YOUR GOAL:
Each line of the data below holding the word "record" must be copied.

Dataset items:
+===+
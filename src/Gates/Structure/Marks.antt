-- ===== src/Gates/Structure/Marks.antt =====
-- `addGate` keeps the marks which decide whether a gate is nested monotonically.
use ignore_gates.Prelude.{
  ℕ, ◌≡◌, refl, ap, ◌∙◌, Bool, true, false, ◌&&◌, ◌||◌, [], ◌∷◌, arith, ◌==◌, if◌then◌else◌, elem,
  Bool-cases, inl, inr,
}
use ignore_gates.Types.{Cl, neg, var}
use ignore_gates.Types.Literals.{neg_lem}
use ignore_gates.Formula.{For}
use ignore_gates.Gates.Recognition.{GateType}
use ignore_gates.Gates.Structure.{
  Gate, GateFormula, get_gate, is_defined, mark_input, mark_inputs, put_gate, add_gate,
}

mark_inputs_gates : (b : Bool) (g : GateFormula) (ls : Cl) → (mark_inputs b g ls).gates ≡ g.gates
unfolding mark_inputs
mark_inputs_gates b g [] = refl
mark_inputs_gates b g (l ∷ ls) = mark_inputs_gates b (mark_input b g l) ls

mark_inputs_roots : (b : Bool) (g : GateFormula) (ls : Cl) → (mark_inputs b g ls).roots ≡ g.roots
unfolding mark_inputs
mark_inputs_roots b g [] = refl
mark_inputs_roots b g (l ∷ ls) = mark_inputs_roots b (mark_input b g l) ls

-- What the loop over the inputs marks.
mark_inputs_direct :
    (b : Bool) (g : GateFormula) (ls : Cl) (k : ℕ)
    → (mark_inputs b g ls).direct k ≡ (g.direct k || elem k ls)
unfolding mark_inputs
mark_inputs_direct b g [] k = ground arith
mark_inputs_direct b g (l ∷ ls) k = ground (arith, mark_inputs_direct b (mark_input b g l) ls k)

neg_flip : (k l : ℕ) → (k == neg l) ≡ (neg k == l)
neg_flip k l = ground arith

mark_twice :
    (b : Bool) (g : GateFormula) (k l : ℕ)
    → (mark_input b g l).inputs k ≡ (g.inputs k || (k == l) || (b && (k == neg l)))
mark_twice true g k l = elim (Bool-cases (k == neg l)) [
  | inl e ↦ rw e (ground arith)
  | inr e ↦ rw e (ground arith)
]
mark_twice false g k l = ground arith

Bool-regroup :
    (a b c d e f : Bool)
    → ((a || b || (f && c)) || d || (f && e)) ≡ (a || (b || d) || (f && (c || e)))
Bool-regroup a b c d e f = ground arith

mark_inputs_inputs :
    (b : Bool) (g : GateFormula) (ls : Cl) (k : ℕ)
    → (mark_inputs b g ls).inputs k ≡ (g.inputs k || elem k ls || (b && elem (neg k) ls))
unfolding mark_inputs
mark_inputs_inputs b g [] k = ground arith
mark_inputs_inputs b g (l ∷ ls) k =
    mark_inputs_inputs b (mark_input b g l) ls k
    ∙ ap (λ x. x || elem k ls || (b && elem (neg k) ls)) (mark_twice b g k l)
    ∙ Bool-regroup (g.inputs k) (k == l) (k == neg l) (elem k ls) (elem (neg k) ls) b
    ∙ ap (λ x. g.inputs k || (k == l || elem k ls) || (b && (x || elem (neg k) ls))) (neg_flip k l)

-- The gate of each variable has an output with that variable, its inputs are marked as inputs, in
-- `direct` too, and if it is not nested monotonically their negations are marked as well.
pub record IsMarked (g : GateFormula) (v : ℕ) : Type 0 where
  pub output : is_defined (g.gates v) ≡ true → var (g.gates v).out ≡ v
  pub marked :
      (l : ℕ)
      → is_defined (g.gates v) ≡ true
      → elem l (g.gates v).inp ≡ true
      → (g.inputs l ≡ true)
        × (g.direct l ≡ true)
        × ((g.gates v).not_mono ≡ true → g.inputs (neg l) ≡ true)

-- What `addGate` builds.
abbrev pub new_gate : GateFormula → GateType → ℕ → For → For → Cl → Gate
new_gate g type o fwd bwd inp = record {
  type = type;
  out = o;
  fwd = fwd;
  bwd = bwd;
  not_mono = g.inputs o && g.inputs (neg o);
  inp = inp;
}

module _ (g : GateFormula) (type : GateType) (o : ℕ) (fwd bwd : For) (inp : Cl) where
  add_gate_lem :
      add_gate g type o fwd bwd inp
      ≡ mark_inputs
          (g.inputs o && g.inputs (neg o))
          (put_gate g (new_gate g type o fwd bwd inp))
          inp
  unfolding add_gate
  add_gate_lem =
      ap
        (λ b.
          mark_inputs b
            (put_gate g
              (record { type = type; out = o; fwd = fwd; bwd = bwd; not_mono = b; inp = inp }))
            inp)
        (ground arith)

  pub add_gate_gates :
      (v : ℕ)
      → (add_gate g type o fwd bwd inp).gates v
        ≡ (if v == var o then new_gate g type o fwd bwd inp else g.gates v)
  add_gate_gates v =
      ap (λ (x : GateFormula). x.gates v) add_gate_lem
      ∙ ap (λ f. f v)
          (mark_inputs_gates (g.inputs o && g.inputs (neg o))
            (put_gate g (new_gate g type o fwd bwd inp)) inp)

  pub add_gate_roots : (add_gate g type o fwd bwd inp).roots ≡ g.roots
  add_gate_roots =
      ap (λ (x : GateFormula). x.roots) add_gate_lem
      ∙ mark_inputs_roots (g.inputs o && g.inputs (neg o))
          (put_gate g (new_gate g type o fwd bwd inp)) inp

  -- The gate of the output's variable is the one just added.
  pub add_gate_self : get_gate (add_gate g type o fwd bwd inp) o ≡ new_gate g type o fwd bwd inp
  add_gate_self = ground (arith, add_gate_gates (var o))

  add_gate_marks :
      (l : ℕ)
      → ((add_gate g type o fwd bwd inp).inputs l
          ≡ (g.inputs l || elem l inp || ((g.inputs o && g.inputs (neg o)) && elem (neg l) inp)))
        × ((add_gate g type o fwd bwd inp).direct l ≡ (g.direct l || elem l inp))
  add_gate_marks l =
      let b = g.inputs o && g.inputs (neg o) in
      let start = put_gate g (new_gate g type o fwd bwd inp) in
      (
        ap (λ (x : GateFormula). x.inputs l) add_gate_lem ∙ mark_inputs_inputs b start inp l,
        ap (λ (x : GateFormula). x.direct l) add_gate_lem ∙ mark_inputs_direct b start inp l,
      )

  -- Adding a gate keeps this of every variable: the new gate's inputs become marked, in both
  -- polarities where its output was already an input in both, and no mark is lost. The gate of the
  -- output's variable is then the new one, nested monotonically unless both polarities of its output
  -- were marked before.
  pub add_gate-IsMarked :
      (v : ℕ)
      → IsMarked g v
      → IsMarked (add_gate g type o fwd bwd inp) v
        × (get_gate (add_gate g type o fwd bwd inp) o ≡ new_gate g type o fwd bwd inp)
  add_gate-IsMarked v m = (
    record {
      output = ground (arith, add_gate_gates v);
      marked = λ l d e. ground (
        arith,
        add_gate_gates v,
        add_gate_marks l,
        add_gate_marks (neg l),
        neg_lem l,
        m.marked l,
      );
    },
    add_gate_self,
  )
+===+
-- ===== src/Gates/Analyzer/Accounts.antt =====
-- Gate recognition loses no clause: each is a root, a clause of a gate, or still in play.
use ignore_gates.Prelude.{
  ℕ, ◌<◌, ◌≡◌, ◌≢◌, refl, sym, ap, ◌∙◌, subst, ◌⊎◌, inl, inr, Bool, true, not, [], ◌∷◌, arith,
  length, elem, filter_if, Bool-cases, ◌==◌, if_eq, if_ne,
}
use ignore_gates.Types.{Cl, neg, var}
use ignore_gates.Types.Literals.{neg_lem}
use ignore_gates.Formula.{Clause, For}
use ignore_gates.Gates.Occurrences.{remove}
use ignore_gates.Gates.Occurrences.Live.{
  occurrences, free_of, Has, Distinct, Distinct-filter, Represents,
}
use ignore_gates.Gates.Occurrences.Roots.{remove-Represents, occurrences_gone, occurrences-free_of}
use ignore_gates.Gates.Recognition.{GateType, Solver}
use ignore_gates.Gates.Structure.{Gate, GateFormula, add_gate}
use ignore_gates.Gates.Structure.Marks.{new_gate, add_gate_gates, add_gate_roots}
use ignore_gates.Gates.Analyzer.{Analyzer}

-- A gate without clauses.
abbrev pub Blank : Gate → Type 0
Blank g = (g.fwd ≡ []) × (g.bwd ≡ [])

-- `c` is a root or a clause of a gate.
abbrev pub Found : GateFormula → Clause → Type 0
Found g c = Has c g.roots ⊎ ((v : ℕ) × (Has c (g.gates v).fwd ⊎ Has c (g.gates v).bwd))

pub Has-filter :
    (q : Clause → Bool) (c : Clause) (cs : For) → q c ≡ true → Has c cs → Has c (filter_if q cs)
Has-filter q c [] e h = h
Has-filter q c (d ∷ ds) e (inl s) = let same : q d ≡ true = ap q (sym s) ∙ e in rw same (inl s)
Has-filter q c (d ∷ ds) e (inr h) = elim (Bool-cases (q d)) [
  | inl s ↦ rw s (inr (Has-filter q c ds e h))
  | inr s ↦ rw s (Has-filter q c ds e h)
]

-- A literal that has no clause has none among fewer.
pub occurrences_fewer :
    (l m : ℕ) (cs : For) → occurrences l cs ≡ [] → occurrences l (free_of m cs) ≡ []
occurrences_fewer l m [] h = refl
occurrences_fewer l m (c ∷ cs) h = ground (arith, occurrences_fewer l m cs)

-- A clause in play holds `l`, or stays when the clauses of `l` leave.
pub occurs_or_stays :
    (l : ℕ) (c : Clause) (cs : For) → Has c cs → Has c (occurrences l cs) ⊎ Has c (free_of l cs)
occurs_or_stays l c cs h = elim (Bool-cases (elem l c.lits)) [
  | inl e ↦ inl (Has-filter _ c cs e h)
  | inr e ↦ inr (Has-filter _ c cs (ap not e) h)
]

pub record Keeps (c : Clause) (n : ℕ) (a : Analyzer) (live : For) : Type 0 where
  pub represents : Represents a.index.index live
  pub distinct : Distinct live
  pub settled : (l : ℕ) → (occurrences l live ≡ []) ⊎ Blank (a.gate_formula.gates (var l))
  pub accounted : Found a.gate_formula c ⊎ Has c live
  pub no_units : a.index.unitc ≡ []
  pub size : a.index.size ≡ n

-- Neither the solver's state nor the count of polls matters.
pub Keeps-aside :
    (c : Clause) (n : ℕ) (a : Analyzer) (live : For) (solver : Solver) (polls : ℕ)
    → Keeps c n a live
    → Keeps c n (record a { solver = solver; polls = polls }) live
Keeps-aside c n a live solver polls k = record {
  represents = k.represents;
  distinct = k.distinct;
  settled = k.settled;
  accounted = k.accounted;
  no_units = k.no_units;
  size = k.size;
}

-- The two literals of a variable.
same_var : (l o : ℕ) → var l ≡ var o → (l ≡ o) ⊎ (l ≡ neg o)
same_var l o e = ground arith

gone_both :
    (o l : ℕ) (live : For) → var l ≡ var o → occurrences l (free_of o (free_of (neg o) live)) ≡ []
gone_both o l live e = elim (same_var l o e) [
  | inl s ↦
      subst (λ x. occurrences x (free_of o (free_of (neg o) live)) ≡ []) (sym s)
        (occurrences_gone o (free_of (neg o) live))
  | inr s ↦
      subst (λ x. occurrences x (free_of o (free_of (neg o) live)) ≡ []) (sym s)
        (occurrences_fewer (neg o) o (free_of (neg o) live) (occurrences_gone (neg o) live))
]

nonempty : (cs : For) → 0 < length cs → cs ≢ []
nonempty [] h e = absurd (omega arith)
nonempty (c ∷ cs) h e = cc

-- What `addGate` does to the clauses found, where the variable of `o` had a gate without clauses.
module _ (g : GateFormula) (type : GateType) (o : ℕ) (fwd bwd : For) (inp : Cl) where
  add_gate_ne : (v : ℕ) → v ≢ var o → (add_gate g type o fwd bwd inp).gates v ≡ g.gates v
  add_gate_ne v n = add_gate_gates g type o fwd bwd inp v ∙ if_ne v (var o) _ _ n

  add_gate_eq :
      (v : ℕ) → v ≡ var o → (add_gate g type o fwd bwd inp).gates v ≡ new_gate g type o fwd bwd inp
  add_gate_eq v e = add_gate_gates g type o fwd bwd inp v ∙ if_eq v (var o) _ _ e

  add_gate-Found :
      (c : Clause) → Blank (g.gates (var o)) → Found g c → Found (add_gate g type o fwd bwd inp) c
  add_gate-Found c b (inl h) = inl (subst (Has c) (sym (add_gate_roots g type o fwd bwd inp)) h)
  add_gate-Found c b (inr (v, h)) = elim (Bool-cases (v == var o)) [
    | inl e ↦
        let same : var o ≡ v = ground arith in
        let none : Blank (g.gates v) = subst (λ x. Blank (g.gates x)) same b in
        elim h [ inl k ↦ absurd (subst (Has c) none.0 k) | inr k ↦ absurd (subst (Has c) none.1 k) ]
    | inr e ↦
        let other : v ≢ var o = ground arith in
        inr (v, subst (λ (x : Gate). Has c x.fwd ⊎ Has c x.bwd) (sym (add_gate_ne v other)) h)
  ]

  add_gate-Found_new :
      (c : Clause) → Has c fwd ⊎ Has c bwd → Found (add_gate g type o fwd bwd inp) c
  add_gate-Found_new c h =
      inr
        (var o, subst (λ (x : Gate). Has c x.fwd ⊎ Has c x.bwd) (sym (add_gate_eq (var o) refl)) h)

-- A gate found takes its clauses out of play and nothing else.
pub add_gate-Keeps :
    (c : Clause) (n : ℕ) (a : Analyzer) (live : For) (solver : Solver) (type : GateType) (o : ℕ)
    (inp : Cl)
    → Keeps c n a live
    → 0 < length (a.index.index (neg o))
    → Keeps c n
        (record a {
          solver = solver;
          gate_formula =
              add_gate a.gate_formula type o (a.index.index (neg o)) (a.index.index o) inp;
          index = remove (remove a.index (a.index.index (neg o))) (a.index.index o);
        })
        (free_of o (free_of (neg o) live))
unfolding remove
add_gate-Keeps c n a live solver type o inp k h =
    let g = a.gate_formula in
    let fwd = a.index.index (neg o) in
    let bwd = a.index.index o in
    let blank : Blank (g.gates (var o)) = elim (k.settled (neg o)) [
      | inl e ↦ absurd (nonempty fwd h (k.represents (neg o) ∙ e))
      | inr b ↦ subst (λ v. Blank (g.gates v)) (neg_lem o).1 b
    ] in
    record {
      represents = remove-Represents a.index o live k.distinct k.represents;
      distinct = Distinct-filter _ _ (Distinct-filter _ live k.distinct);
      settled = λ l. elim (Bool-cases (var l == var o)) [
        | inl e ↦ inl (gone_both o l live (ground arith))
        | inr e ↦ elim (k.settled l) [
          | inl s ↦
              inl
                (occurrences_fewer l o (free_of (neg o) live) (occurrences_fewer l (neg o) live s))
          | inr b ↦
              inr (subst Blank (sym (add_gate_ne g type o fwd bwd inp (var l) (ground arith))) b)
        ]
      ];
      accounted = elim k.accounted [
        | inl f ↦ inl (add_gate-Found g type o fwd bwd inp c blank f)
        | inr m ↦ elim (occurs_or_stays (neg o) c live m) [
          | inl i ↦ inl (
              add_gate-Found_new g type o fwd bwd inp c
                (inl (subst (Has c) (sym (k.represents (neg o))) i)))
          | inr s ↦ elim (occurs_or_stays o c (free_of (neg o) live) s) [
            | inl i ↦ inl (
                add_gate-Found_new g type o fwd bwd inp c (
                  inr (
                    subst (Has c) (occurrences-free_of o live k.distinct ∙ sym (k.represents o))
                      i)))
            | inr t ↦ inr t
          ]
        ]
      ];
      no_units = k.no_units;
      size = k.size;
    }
+===+
THE COMPLETED TASK:
pub record IsMarked (g : GateFormula) (v : ℕ) : Type 0 where
new_gate g type o fwd bwd inp = record {
              (record { type = type; out = o; fwd = fwd; bwd = bwd; not_mono = b; inp = inp }))
    record {
pub record Keeps (c : Clause) (n : ℕ) (a : Analyzer) (live : For) : Type 0 where
    → Keeps c n (record a { solver = solver; polls = polls }) live
Keeps-aside c n a live solver polls k = record {
        (record a {
    record {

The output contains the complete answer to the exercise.